Sparse Gaussian Process Temporal Difference Learning for Marine Robot Navigation
This work addresses data efficiency and online applicability challenges for robots learning navigation in marine environments, representing an incremental improvement over existing sparse methods.
The paper tackles the problem of data-efficient Temporal Difference learning for marine robot navigation by reducing TD updates to Gaussian Process regression with a sparse approximation, resulting in SPGP-SARSA, which outperforms state-of-the-art sparse methods and replicates exact prediction quality in simulations and physical underwater trials.

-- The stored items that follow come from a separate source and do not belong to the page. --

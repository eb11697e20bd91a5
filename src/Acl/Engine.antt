-- ===== src/Acl/Engine.antt =====
-- internal/acl/acl.go: the engine that decides who may do what where.
use weave_ftpd.Base.{
  List, [], ◌∷◌, ◌++◌, Bool, false, ◌||◌, Option, none, some, if◌then◌else◌, is_some, Text, codes,
  text_eq, has_prefix, trim_space, to_lower, fields, join, any, Dict, lookup, insert,
}
use weave_ftpd.User.Account.{User, has_flag}
use weave_ftpd.Acl.Rules.{
  Rule, prepare_rule, normalize_check_path, rule_matches_path, rule_allows, compile_rule_paths,
  path_matches_compiled,
}

-- RulesByType; a missing key has no rules.
pub record Engine : Type 0 where
  pub rules_by_type : Dict (List Rule)

or_empty : Option (List Rule) → List Rule
or_empty none = []
or_empty (some rules) = rules

unfoldable pub rules_of : Engine → Text → List Rule
unfolding or_empty lookup
rules_of e type = or_empty (lookup type e.rules_by_type)

-- The first rule of a list that covers the path.
unfoldable pub first_match : Text → List Rule → Option Rule
first_match vpath [] = none
first_match vpath (rule ∷ rules) =
    if rule_matches_path rule vpath then some rule else first_match vpath rules

unfoldable pub rule_type_for_action : Text → Text
rule_type_for_action action =
    let a = to_lower action in
    if text_eq a (codes "mkd") || text_eq a (codes "rmd")
    then codes "makedir"
    else if text_eq a (codes "dele")
    then codes "delete"
    else if text_eq a (codes "rnfr") || text_eq a (codes "rnto")
    then codes "rename"
    else a

-- What the loops return: the answer of the first rule that covers the path, or `otherwise`.
unfoldable pub decide_by : List Rule → User → Text → Bool → Bool
unfolding first_match
decide_by rules u vpath otherwise = elim (first_match vpath rules) [
  | none ↦ otherwise
  | some rule ↦ rule_allows rule u
]

unfoldable pub can_perform : Engine → Option User → Text → Text → Bool
unfolding decide_by rules_of
can_perform e none action vpath = false
can_perform e (some u) action vpath =
    let path = normalize_check_path vpath in
    decide_by (rules_of e (codes "privpath")) u path (
      decide_by (rules_of e (rule_type_for_action (to_lower action))) u path
        (has_flag u (codes "1")))

unfoldable pub can_perform_rule_only : Engine → Option User → Text → Text → Bool
unfolding decide_by rules_of
can_perform_rule_only e none action vpath = false
can_perform_rule_only e (some u) action vpath =
    decide_by (rules_of e (rule_type_for_action action)) u (normalize_check_path vpath) false

unfoldable pub path_matches : Text → Text → Bool
unfolding any
path_matches pattern vpath =
    any (λ c. path_matches_compiled c (normalize_check_path vpath)) (compile_rule_paths pattern)

unfoldable pub has_rule_type : Engine → Text → Bool
unfolding lookup
has_rule_type e type = is_some (lookup (to_lower (trim_space type)) e.rules_by_type)

unfoldable pub matches_rule_path : Engine → Text → Text → Bool
unfolding any rules_of
matches_rule_path e type vpath =
    any (λ rule. rule_matches_path rule (normalize_check_path vpath))
      (rules_of e (to_lower (trim_space type)))

-- One line of the text format of LoadEngine: type, path and, if given, what is required.
required_text : List Text → Text
required_text [] = codes "*"
required_text (w ∷ ws) = join (codes " ") (w ∷ ws)

line_rule : List Text → Option (Text × Rule)
unfolding required_text
line_rule (type ∷ path ∷ rest) = some (
  to_lower type,
  prepare_rule (record {
    type = to_lower type;
    path = path;
    required = required_text rest;
    requirement = none;
    paths = [];
  }),
)
line_rule _ = none

add_rule : Engine → Text → Rule → Engine
unfolding rules_of
add_rule e type rule = record {
  rules_by_type = insert type (rules_of e type ++ rule ∷ []) e.rules_by_type;
}

-- The loop of LoadEngine over the lines of a file that is no YAML.
unfoldable pub load_lines : Engine → List Text → Engine
unfolding line_rule add_rule
load_lines e [] = e
load_lines e (raw ∷ rest) =
    let line = trim_space raw in
    load_lines
      (if text_eq line [] || has_prefix line (codes "#")
        then e
        else elim (line_rule (fields line)) [ none ↦ e | some (type, rule) ↦ add_rule e type rule ])
      rest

We present a method for Temporal Difference (TD) learning that addresses several challenges faced by robots learning to navigate in a marine environment. For improved data efficiency, our method reduces TD updates to Gaussian Process regression. To make predictions amenable to online settings, we introduce a sparse approximation with improved quality over current rejection-based sparse methods. We derive the predictive value function posterior and use the moments to obtain a new algorithm for model-free policy evaluation, SPGP-SARSA. With simple changes, we show SPGP-SARSA can be reduced to a model-based equivalent, SPGP-TD. We perform comprehensive simulation studies and also conduct physical learning trials with an underwater robot. Our results show SPGP-SARSA can outperform the state-of-the-art sparse method, replicate the prediction quality of its exact counterpart, and be applied to solve underwater navigation tasks.